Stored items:
Segment Open

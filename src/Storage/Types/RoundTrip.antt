-- ===== src/Storage/Types/RoundTrip.antt =====
-- What is stored of an entry or a tree head comes back.
use settled.Prelude.{◌≡◌, length, ==_iff}
use settled.Prelude.Results.{ok}
use settled.Core.Hash.{IsHash}
use settled.Storage.Types.{
  LogEntry, log_entry_try_from, log_entry_proto_from, SignedTreeHead, signed_tree_head_try_from,
  signed_tree_head_proto_from,
}

pub log_entry_try_from-log_entry_proto_from :
    (e : LogEntry) → IsHash e.leaf_hash → log_entry_try_from (log_entry_proto_from e) ≡ ok e
unfolding log_entry_try_from log_entry_proto_from
log_entry_try_from-log_entry_proto_from e h = rw ((==_iff (length e.leaf_hash) 32).1 h)

abbrev pub IsSignedTreeHead : SignedTreeHead → Type 0
IsSignedTreeHead s = IsHash s.root_hash × (length s.signature ≡ 64) × (length s.public_key ≡ 32)

pub signed_tree_head_try_from-signed_tree_head_proto_from :
    (s : SignedTreeHead)
    → IsSignedTreeHead s
    → signed_tree_head_try_from (signed_tree_head_proto_from s) ≡ ok s
unfolding signed_tree_head_try_from signed_tree_head_proto_from
signed_tree_head_try_from-signed_tree_head_proto_from s (r, g, p) = rw (
  (==_iff (length s.root_hash) 32).1 r,
  (==_iff (length s.signature) 64).1 g,
  (==_iff (length s.public_key) 32).1 p,
)
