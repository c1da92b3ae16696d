-- ===== src/Storage/Rows/BigEndian.antt =====
-- Big-endian keys have the order of their numbers.
use settled.Prelude.{
  ℕ, zero, suc, ◌+◌, ◌*◌, ◌/◌, ◌^◌, ◌<◌, [], ◌∷◌, ◌≡◌, sym, ap₂, ◌∙◌, arith, inl, inr, ltb, lt→ltb,
  ltb_ge, ==_iff, ==_ne, le-cases, eq-cases, All, length, be_bytes, length-be_bytes, from_be_bytes,
  from_be_bytes-be_bytes,
}
use native.Mathlib.Nat.{mod-lt}
use settled.Core.Hash.{Bytes}
use settled.Core.Split.{IsU64}
use settled.Storage.Rows.{lex_lt, u64_key}

abbrev IsByte : ℕ → Type 0
IsByte b = b < 256

be_bytes-IsByte : (w n : ℕ) → All IsByte (be_bytes w n)
be_bytes-IsByte zero n = tt
be_bytes-IsByte (suc w) n = (mod-lt (n / 256 ^ w) {m = 256} (omega arith), be_bytes-IsByte w n)

from_be_bytes-lt :
    (xs ys : Bytes) (a b : ℕ)
    → length xs ≡ length ys
    → All IsByte xs
    → a < b
    → from_be_bytes a xs < from_be_bytes b ys
from_be_bytes-lt [] [] a b l h lt = lt
from_be_bytes-lt [] (y ∷ ys) a b l h lt = absurd (omega arith)
from_be_bytes-lt (x ∷ xs) [] a b l h lt = absurd (omega arith)
from_be_bytes-lt (x ∷ xs) (y ∷ ys) a b l (hx, h) lt =
    from_be_bytes-lt xs ys (a * 256 + x) (b * 256 + y) (omega arith) h (omega arith)

lex_lt-eq_ltb :
    (xs ys : Bytes) (a : ℕ)
    → length xs ≡ length ys
    → All IsByte xs
    → All IsByte ys
    → lex_lt xs ys ≡ ltb (from_be_bytes a xs) (from_be_bytes a ys)
unfolding lex_lt
lex_lt-eq_ltb [] [] a l hx hy = sym (ltb_ge a a (omega arith))
lex_lt-eq_ltb [] (y ∷ ys) a l hx hy = absurd (omega arith)
lex_lt-eq_ltb (x ∷ xs) [] a l hx hy = absurd (omega arith)
lex_lt-eq_ltb (x ∷ xs) (y ∷ ys) a l (bx, hx) (by, hy) = elim (le-cases y x) [
  | inl ge ↦ elim (eq-cases x y) [
    | inl e ↦
        rw (ltb_ge x y ge, (==_iff x y).1 e, e)
          (lex_lt-eq_ltb xs ys (a * 256 + y) (omega arith) hx hy)
    | inr ne ↦ rw (
      ltb_ge x y ge,
      ==_ne x y ne,
      ltb_ge (from_be_bytes (a * 256 + x) xs) (from_be_bytes (a * 256 + y) ys) (
          omega (
            arith,
            from_be_bytes-lt ys xs (a * 256 + y) (a * 256 + x) (omega arith) hy (omega arith),
          )),
    )
  ]
  | inr lt ↦ rw (
    lt→ltb x y lt,
    lt→ltb (from_be_bytes (a * 256 + x) xs) (from_be_bytes (a * 256 + y) ys)
        (from_be_bytes-lt xs ys (a * 256 + x) (a * 256 + y) (omega arith) hx (omega arith)),
  )
]

pub lex_lt-be_bytes :
    (w m n : ℕ) → m < 256 ^ w → n < 256 ^ w → lex_lt (be_bytes w m) (be_bytes w n) ≡ ltb m n
lex_lt-be_bytes w m n hm hn =
    lex_lt-eq_ltb (be_bytes w m) (be_bytes w n) 0 (length-be_bytes w m ∙ sym (length-be_bytes w n))
      (be_bytes-IsByte w m) (be_bytes-IsByte w n)
    ∙ ap₂ ltb (from_be_bytes-be_bytes w m hm) (from_be_bytes-be_bytes w n hn)

pub lex_lt-u64_key : (m n : ℕ) → IsU64 m → IsU64 n → lex_lt (u64_key m) (u64_key n) ≡ ltb m n
unfolding u64_key
lex_lt-u64_key m n hm hn = lex_lt-be_bytes 8 m n hm hn

pub length-u64_key : (n : ℕ) → length (u64_key n) ≡ 8
unfolding u64_key
length-u64_key n = length-be_bytes 8 n

pub from_be_bytes-u64_key : (n : ℕ) → IsU64 n → from_be_bytes 0 (u64_key n) ≡ n
unfolding u64_key
from_be_bytes-u64_key n h = from_be_bytes-be_bytes 8 n h
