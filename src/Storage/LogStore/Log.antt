-- ===== src/Storage/LogStore/Log.antt =====
-- The log that a database holds: entries numbered from 0, and how the loops of log_store.rs read
-- the rows that they stand in.
use settled.Prelude.{
  ℕ, zero, suc, ◌+◌, ◌-◌, ◌^◌, ◌<◌, List, [], ◌∷◌, some, ◌≡◌, refl, ap, arith, inl, inr, length,
  take, drop, map, All, IsI64, ==_iff, le→leb, leb_gt, le-cases, lt→ltb, ltb_ge,
}
use settled.Prelude.Results.{ok}
use settled.Core.Hash.{IsHash}
use settled.Core.Split.{IsU64}
use settled.Storage.Types.{LogEntry, log_entry_proto_from}
use settled.Storage.Types.RoundTrip.{log_entry_try_from-log_entry_proto_from}
use settled.Storage.Rows.{Row, u64_key, rows_from}
use settled.Storage.Rows.BigEndian.{lex_lt-u64_key, length-u64_key, from_be_bytes-u64_key}
use settled.Storage.Rocks.{Rocks, Prost, cf_log}
use settled.Storage.LogStore.{DbInner, seq_of_key, entry_of_value, range_loop, latest_loop}

-- What the types `u64`, `i64` and `[u8; 32]` say of the fields.
abbrev pub IsEntry : LogEntry → Type 0
IsEntry e = IsU64 e.seq × IsI64 e.timestamp_ns × IsHash e.leaf_hash

abbrev pub IsNumbered : ℕ → List LogEntry → Type 0
IsNumbered n [] = Unit
IsNumbered n (e ∷ es) = (e.seq ≡ n) × IsNumbered (n + 1) es

valid : (e : LogEntry) → IsU64 e.seq → IsU64 (log_entry_proto_from e).seq
unfolding log_entry_proto_from
valid e h = h

in_range : (e : LogEntry) → IsI64 e.timestamp_ns → IsI64 (log_entry_proto_from e).timestamp_ns
unfolding log_entry_proto_from
in_range e h = h

pub take_nil {ℓ} : {A : Type ℓ} (n : ℕ) → [] ≡ take {A = A} n []
take_nil zero = refl
take_nil (suc n) = refl

pub drop_nil {ℓ} : {A : Type ℓ} (n : ℕ) → drop {A = A} n [] ≡ []
drop_nil zero = refl
drop_nil (suc n) = refl

module _ (r : Rocks) (m : Prost) where
  abbrev pub log_row : LogEntry → Row
  log_row e = (u64_key e.seq, m.encoded (log_entry_proto_from e))

  -- The database can be read, its log holds the entries, and the counter is their number.
  abbrev pub IsLog : DbInner r m → List LogEntry → Type 0
  IsLog inner entries =
      r.IsReadable inner.db
      × (r.rows inner.db cf_log ≡ map log_row entries)
      × All IsEntry entries
      × IsNumbered 0 entries
      × (inner.next_seq ≡ length entries)
      × (length entries < 2 ^ 64)

  pub seq_of_key-u64_key : (n : ℕ) → IsU64 n → seq_of_key r m (u64_key n) ≡ ok n
  unfolding seq_of_key
  seq_of_key-u64_key n h =
      rw ((==_iff (length (u64_key n)) 8).1 (length-u64_key n), from_be_bytes-u64_key n h)

  pub entry_of_value-encoded :
      (e : LogEntry) → IsEntry e → entry_of_value r m (m.encoded (log_entry_proto_from e)) ≡ ok e
  unfolding entry_of_value
  entry_of_value-encoded e (s, t, h) =
      rw (m.decode-encoded (log_entry_proto_from e) (valid e s) (in_range e t))
        (log_entry_try_from-log_entry_proto_from e h)

  pub rows_from-numbered :
      (s n : ℕ) (es : List LogEntry)
      → IsU64 s
      → All IsEntry es
      → IsNumbered n es
      → rows_from (u64_key s) (map log_row es) ≡ map log_row (drop (s - n) es)
  unfolding rows_from
  rows_from-numbered s n [] hs all num = rw (drop_nil {A = LogEntry} (s - n))
  rows_from-numbered s n (e ∷ es) hs (he, all) (at, num) = elim (le-cases s n) [
    | inl past ↦
        let none_dropped : s - n ≡ 0 = omega arith in
        rw (lex_lt-u64_key e.seq s he.0 hs, at, ltb_ge n s past, none_dropped)
    | inr before ↦
        let one_more : s - n ≡ suc (s - (n + 1)) = omega arith in
        rw (
          lex_lt-u64_key e.seq s he.0 hs,
          at,
          lt→ltb n s before,
          rows_from-numbered s (n + 1) es hs all num,
          one_more,
        )
  ]

  pub range_loop-numbered :
      (end_seq n : ℕ) (es : List LogEntry)
      → All IsEntry es
      → IsNumbered n es
      → range_loop r m (map some (map log_row es)) end_seq ≡ ok (take (end_seq - n) es)
  unfolding range_loop
  range_loop-numbered end_seq n [] all num = ap ok (take_nil (end_seq - n))
  range_loop-numbered end_seq n (e ∷ es) (he, all) (at, num) = elim (le-cases end_seq n) [
    | inl past ↦
        let none_left : end_seq - n ≡ 0 = omega arith in
        rw (seq_of_key-u64_key e.seq he.0, le→leb end_seq e.seq (omega arith), none_left)
    | inr before ↦
        let one_more : end_seq - n ≡ suc (end_seq - (n + 1)) = omega arith in
        rw (
          seq_of_key-u64_key e.seq he.0,
          leb_gt end_seq e.seq (omega arith),
          entry_of_value-encoded e he,
          range_loop-numbered end_seq (n + 1) es all num,
          one_more,
        )
  ]

  pub latest_loop-rows :
      (n found : ℕ) (es : List LogEntry)
      → All IsEntry es
      → found < n
      → latest_loop r m (map some (map log_row es)) n found ≡ ok (take (n - found) es)
  unfolding latest_loop
  latest_loop-rows n found [] all lt = ap ok (take_nil (n - found))
  latest_loop-rows n found (e ∷ es) (he, all) lt = elim (le-cases n (found + 1)) [
    | inl full ↦
        let last : n - found ≡ 1 = omega arith in
        rw (entry_of_value-encoded e he, le→leb n (found + 1) full, last)
    | inr room ↦
        let one_more : n - found ≡ suc (n - (found + 1)) = omega arith in
        rw (
          entry_of_value-encoded e he,
          leb_gt n (found + 1) room,
          latest_loop-rows n (found + 1) es all room,
          one_more,
        )
  ]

Segment Closed

What is needed is an exact copy of the entries above, from the first line through the line holding "repository c1da92b3ae16696d", with both of those lines kept; please give nothing else.

Response area:
filename src/Storage/Types/RoundTrip.antt
-- ===== src/Storage/Types/RoundTrip.antt =====
-- What is stored of an entry or a tree head comes back.
use settled.Prelude.{◌≡◌, length, ==_iff}
use settled.Prelude.Results.{ok}
use settled.Core.Hash.{IsHash}
use settled.Storage.Types.{
  LogEntry, log_entry_try_from, log_entry_proto_from, SignedTreeHead, signed_tree_head_try_from,
  signed_tree_head_proto_from,
}

pub log_entry_try_from-log_entry_proto_from :
    (e : LogEntry) → IsHash e.leaf_hash → log_entry_try_from (log_entry_proto_from e) ≡ ok e
unfolding log_entry_try_from log_entry_proto_from
log_entry_try_from-log_entry_proto_from e h = rw ((==_iff (length e.leaf_hash) 32).1 h)

abbrev pub IsSignedTreeHead : SignedTreeHead → Type 0
IsSignedTreeHead s = IsHash s.root_hash × (length s.signature ≡ 64) × (length s.public_key ≡ 32)

pub signed_tree_head_try_from-signed_tree_head_proto_from :
    (s : SignedTreeHead)
    → IsSignedTreeHead s
    → signed_tree_head_try_from (signed_tree_head_proto_from s) ≡ ok s
unfolding signed_tree_head_try_from signed_tree_head_proto_from
signed_tree_head_try_from-signed_tree_head_proto_from s (r, g, p) = rw (
  (==_iff (length s.root_hash) 32).1 r,
  (==_iff (length s.signature) 64).1 g,
  (==_iff (length s.public_key) 32).1 p,
)
repository c1da92b3ae16696d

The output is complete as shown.